◆ REQUIREMENT:
From the entries below, extract every line that includes the word "IsCoin".

◆ DATA SHOWN:

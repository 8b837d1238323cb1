-- ===== src/Grin/Core/Recv/OutputCoin.antt =====
-- The coin that apt_recv_coins returns (src/grin/grin_core.rs).
use mw_btc_swap.Prelude.{ℕ, ◌≡◌, ◌∙◌, sym, ap, some, ok, unwrap_option}
use mw_btc_swap.Prelude.Results.{>>=-returns, ok_injective, some_of}
use mw_btc_swap.Prelude.Actions.{>>=-ok, lift->>=-ok}
use mw_btc_swap.Bitcoin.Crate.{BitcoinLib}
use mw_btc_swap.Grin.Types.{MwCoin}
use mw_btc_swap.Grin.Crate.{GrinTypes, GrinCrate, Output, Slate}
use mw_btc_swap.Grin.Routines.{GrinCore, create_minimal_ctx, new_coin}
use mw_btc_swap.Grin.Core.{AptRecCoinsResult, tx_or_empty, verify_outputs}
use mw_btc_swap.Grin.Core.Recv.{
  Received, RecvKeys, draw_keys, build, receive_output, sign_both, place_sig, apt_recv_coins,
}

module _ {lib : BitcoinLib} {t : GrinTypes} (g : GrinCrate lib t) where
  -- A coin of this value, with its commitment and the key that opens it.
  abbrev pub IsCoin : ℕ → MwCoin → Type 0
  IsCoin value coin =
      (c : t.Commitment) × (k : t.SecretKey) × (g.commit value k ≡ some c)
      × (coin ≡ new_coin g c k value)

  build-commit :
      (keys : RecvKeys g) (chain : t.Keychain) (slate : Slate t) (fund_value : ℕ) {r : Received t}
      → build g keys chain slate fund_value ≡ ok r
      → g.commit fund_value r.out_coin_key ≡ some r.commitment
  unfolding build
  build-commit keys chain slate fund_value {r} run =
      let (c, e1, run1) =
        >>=-returns (unwrap_option (g.commit fund_value keys.out_coin_key)) _ run in
      let out : Output t = record {
        commit = c;
        proof = g.bullet_proof fund_value keys.out_coin_key keys.rew_nonce keys.prf_nonce;
      } in
      let with_out : Slate t = record slate {
        tx = some (g.with_output out (tx_or_empty g slate.tx));
      } in
      let (updated, e2, run2) = >>=-returns (unwrap_option (g.update_kernel with_out)) _ run1 in
      let ctx = create_minimal_ctx g keys.out_coin_key keys.sig_nonce fund_value slate.fee_fields in
      let (filled, e3, run3) =
        >>=-returns (unwrap_option (g.fill_round_1 chain ctx updated)) _ run2 in
      let same = ok_injective {b = r} run3 in
      ap (λ z. g.commit fund_value z.out_coin_key) (sym same)
      ∙ some_of _ e1
      ∙ ap (λ z. some z.commitment) same

  receive_output-commit :
      (slate : Slate t) (fund_value : ℕ) (s : GrinCore t) {s' : GrinCore t} {r : Received t}
      → receive_output g slate fund_value s ≡ (ok r, s')
      → g.commit fund_value r.out_coin_key ≡ some r.commitment
  unfolding receive_output
  receive_output-commit slate fund_value s run =
      let (checked, e1, run1) =
        lift->>=-ok (verify_outputs g (g.tx_outputs (tx_or_empty g slate.tx))) _ {s = s} run in
      let (keys, s1, e2, run2) = >>=-ok (draw_keys g) _ {s = s} run1 in
      build-commit keys s1.chain slate fund_value (ap (λ x. x.0) run2)

  pub apt_recv_coins-IsCoin :
      (slate : Slate t) (fund_value : ℕ) (x : t.SecretKey) (s : GrinCore t) {s' : GrinCore t}
      {r : AptRecCoinsResult t}
      → apt_recv_coins g slate fund_value x s ≡ (ok r, s')
      → IsCoin fund_value r.output_coin
  unfolding apt_recv_coins
  apt_recv_coins-IsCoin slate fund_value x s {r = r} run =
      let (q, s1, e1, run1) = >>=-ok (receive_output g slate fund_value) _ {s = s} run in
      let (sigs, e2, run2) = lift->>=-ok (sign_both g q x) _ {s = s1} run1 in
      let (signed, e3, run3) = lift->>=-ok (place_sig g q sigs.0) _ {s = s1} run2 in
      (
        q.commitment,
        q.out_coin_key,
        receive_output-commit slate fund_value s e1,
        ap (λ y. y.output_coin) (sym (ok_injective {b = r} (ap (λ y. y.0) run3))),
      )
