-- ===== src/Grin/Core/Shared.antt =====
-- src/grin/grin_core.rs: the three rounds in which two receivers make an output that they share.
use mw_btc_swap.Prelude.{ℕ, some}
use mw_btc_swap.Prelude.Actions.{Action, pure, gets, lift, ◌>>=◌, ◌>>◌}
use mw_btc_swap.Bitcoin.Crate.{BitcoinLib}
use mw_btc_swap.Grin.Crate.{GrinTypes, GrinCrate, Slate}
use mw_btc_swap.Grin.Routines.{
  MpbpContext, GrinCore, create_secret_key, need, create_minimal_ctx, new_coin, new, add_commit,
  mp_bullet_proof_r1, mp_bullet_proof_r2, mp_bullet_proof_fin,
}
use mw_btc_swap.Grin.Core.{RecvCoinsResult, DRecvCoinsResult, tx_or_empty, verify_outputs}

module _ {lib : BitcoinLib} {t : GrinTypes} (g : GrinCrate lib t) where
  unfoldable pub drecv_coins_r1 : Slate t → ℕ → Action (GrinCore t) (DRecvCoinsResult t)
  drecv_coins_r1 slate fund_value = do
    lift (verify_outputs g (g.tx_outputs (tx_or_empty g slate.tx)))
    out_coin_blind ← create_secret_key
    shared_nonce ← create_secret_key
    prf_nonce ← create_secret_key
    sig_nonce ← create_secret_key
    chain ← gets (λ s. s.chain)
    filled ← need (
        g.fill_round_1 chain
          (create_minimal_ctx g out_coin_blind sig_nonce fund_value slate.fee_fields) slate)
    commitment ← need (g.commit fund_value out_coin_blind)
    prf_ctx ←
        mp_bullet_proof_r1 g (new g shared_nonce fund_value commitment) out_coin_blind prf_nonce
    pure (record {
      slate = filled;
      out_key_blind = out_coin_blind;
      sig_nonce = sig_nonce;
      prf_nonce = prf_nonce;
      prf_ctx = prf_ctx;
    })

  unfoldable pub drecv_coins_r2 :
      Slate t → ℕ → MpbpContext t → Action (GrinCore t) (RecvCoinsResult t × MpbpContext t)
  drecv_coins_r2 slate fund_value prf_ctx = do
    lift (verify_outputs g (g.tx_outputs (tx_or_empty g slate.tx)))
    out_coin_blind ← create_secret_key
    prf_nonce ← create_secret_key
    sig_nonce ← create_secret_key
    share ← need (g.commit 0 out_coin_blind)
    ctx ← lift (add_commit g share prf_ctx)
    ctx1 ← mp_bullet_proof_r1 g ctx out_coin_blind prf_nonce
    ctx2 ← mp_bullet_proof_r2 g ctx1 out_coin_blind prf_nonce
    chain ← gets (λ s. s.chain)
    filled ← need (
        g.fill_round_1 chain
          (create_minimal_ctx g out_coin_blind sig_nonce fund_value slate.fee_fields) slate)
    signed ← need (g.fill_round_2 chain out_coin_blind sig_nonce filled)
    pure (
      record { slate = signed; output_coin = new_coin g ctx2.commit out_coin_blind fund_value },
      ctx2,
    )

  unfoldable pub drecv_coins_r3 :
      Slate t
      → MpbpContext t
      → t.SecretKey
      → t.SecretKey
      → t.SecretKey
      → Action (GrinCore t) (RecvCoinsResult t)
  drecv_coins_r3 slate prf_ctx out_coin_blind prf_nonce sig_nonce = do
    ctx ← mp_bullet_proof_r2 g prf_ctx out_coin_blind prf_nonce
    proof ← lift (mp_bullet_proof_fin g ctx out_coin_blind prf_nonce)
    tx ← need slate.tx
    chain ← gets (λ s. s.chain)
    signed ← need (
        g.fill_round_2 chain out_coin_blind sig_nonce (record slate {
          tx = some (g.with_output (record { commit = prf_ctx.commit; proof = proof }) tx);
        }))
    updated ← need (g.update_kernel signed)
    pure (record {
      slate = updated;
      output_coin = new_coin g prf_ctx.commit out_coin_blind prf_ctx.amount;
    })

◆ SOLVED EXERCISE:
  abbrev pub IsCoin : ℕ → MwCoin → Type 0
  IsCoin value coin =
  pub apt_recv_coins-IsCoin :
      → IsCoin fund_value r.output_coin
  apt_recv_coins-IsCoin slate fund_value x s {r = r} run =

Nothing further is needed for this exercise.